In Scandinavia the new Church was much longer gaining a foothold. Not until the tenth and eleventh centuries were the people of Norway converted by those doughty Christian kings, Olaf Tryggvason and Olaf the Holy. These two waged unceasing battle against the heathen gods, smashing their idols, burning their temples, and either driving out their followers or putting them to a painful death in the name of Christ. Some of those driven out settled in Iceland, where there were no kings and no persecution. But even in Iceland the fires of heathenism were dying down, and in the year 1000 the Icelandic Assembly, after a calm appraisal of the situation, decided for Christianity. Denmark too yielded to the persuasion of the missionaries, and when in 1015 Canute the Dane conquered England he was fully prepared to become a pillar of the Church. The Swedes were the most stubborn in their faithfulness to the heathen religion, but by 1164 a Christian bishop ruled in Uppsala, the old stronghold of Odin and Freyr.

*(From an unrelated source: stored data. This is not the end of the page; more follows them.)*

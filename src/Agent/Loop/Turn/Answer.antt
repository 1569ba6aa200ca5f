-- ===== src/Agent/Loop/Turn/Answer.antt =====
-- A round that ends with an answer, streamed or not (`run` and `_consume_answer_stream`).
use ai_platform_mini.Prelude.{
  ℕ, Option, none, some, List, [], ◌∷◌, ◌++◌, Text, codes, if◌then◌else◌,
}
use ai_platform_mini.Agent.Models.{
  RunStatus, StopReason, EventKind, Role, AgentDecision, ToolResult,
}
use ai_platform_mini.Agent.Events.{Run, bare, append_event, finish}
use ai_platform_mini.Agent.Checks.{Wait, await_controlled, is_empty}
use ai_platform_mini.Agent.Loop.Setting.{
  World, Options, Chunk, chunk, invalid, Ended, finished, Flow, go, halt, ◌>>=◌, on_error,
  value_or_end,
}

-- `state.steps.append(AgentStep(...))`
unfoldable pub add_step : ℕ → AgentDecision → List ToolResult → Run → Run
add_step step d results r = record r {
  state = record r.state {
    steps = r.state.steps ++ record { index = step; decision = d; tool_results = results } ∷ [];
  };
}

module _ (w : World) where
  -- The step and its STEP_COMPLETED event.
  unfoldable pub close_step : ℕ → AgentDecision → List ToolResult → Run → Run
  unfolding add_step
  close_step step d results r =
      append_event w.clock (add_step step d results r)
        (record (bare EventKind.step_completed) { step_index = some step })

  -- `parts` joined: `none` before the first part.
  abbrev pub joined : Option Text → Text → Text
  joined none t = t
  joined (some s) t = s ++ t

  abbrev pub end_stream : Run → Option Text → Flow (Run × Text)
  end_stream r none = halt (on_error w.clock r (codes "streaming answer returned no content"))
  end_stream r (some text) = go (r, text)

  -- One chunk, and then the rest of the stream.
  abbrev pub on_chunk :
      ℕ → Run → Option Text → (Run → Option Text → Flow (Run × Text)) → Chunk → Flow (Run × Text)
  on_chunk step r parts rest invalid =
      halt (on_error w.clock r (codes "streaming answer returned an invalid chunk"))
  on_chunk step r parts rest (chunk text) =
      if is_empty text
      then rest r parts
      else rest
          (append_event w.clock r
            (record (bare EventKind.answer_delta) { step_index = some step; message = some text }))
          (some (joined parts text))

  unfoldable pub consume : ℕ → List (Wait Chunk) → Run → Option Text → Flow (Run × Text)
  consume step [] r parts = end_stream r parts
  consume step (c ∷ cs) r parts =
      value_or_end w.clock r (await_controlled c) >>= on_chunk step r parts (consume step cs)

  abbrev pub open_stream : ℕ → Run → Option (List (Wait Chunk)) → Flow (Run × Text)
  open_stream step r none = halt (on_error w.clock r (codes "streaming answer is unavailable"))
  open_stream step r (some chunks) = consume step chunks r none

  -- `_consume_answer_stream`
  unfoldable pub consume_answer_stream : ℕ → Run → Flow (Run × Text)
  unfolding consume
  consume_answer_stream step r = open_stream step r (w.stream r.state)

module _ (w : World) (o : Options) where
  abbrev pub say : ℕ → Text → Run → Run
  say step answer r =
      let said = record r {
        state = record r.state {
          messages =
              r.state.messages
              ++ record {
                role = Role.assistant;
                content = answer;
                tool_call_id = none;
                tool_name = none;
              }
                ∷ [];
        };
      } in
      if o.stream_answer
      then said
      else append_event w.clock said
          (record (bare EventKind.answer) { step_index = some step; message = some answer })

  unfoldable pub conclude : ℕ → AgentDecision → Run × Text → Ended
  conclude step d (r, answer) = finished (
      finish w.clock (close_step w step d [] (say step answer r)) RunStatus.completed
        StopReason.direct_answer (some answer) none)

  abbrev pub end_of : (Run × Text → Ended) → Flow (Run × Text) → Ended
  end_of f (go x) = f x
  end_of f (halt e) = e

  unfoldable pub answer_turn : ℕ → AgentDecision → Text → Run → Ended
  unfolding conclude consume_answer_stream
  answer_turn step d answer r =
      end_of (conclude step d)
        (if o.stream_answer then consume_answer_stream w step r else go (r, answer))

Thus we see why we can learn comparatively little about the heathen myths from England and Germany, where Christianity was established early. We have to turn for information to Scandinavia, where a vigorous heathen population flourished for centuries after Augustine sailed for Kent, or to places in the north-west where the Scandinavian settlers left the marks of their influence. In the last days of their heathenism, Viking adventurers from Norway and Sweden were the scourge and terror of the church in Europe. They swooped down on villages, monasteries, and churches in Britain, France, Germany, and Spain. They burned and plundered, they carried off chalices, crucifixes, and jewelled book covers as loot. It must have seemed to the Christians as if these robust sea-robbers would conquer the western world and usher in a new age of darkness. Vikings ruled in the Orkneys and Shetlands, in the Hebrides, Man, and Dublin. They wiped out the community in Columba’s monastery at Iona. In 875 they sacked Lindisfarne, a centre of learning and inspiration renowned through Christendom, and all civilized Europe was shocked and saddened by the news. The few monks who survived massacre wandered for years through the fells with the body of their sainted Abbot Cuthbert, who had made Lindisfarne a place of spiritual power, until they found a resting-place for his remains in Durham. Paris and Hamburg had been plundered in 845; Cadiz and Seville suffered the same fate. In Ireland the wife of a Viking chief, a heathen seeress, spoke her prophecies from the holy altar of Clonmacnoise.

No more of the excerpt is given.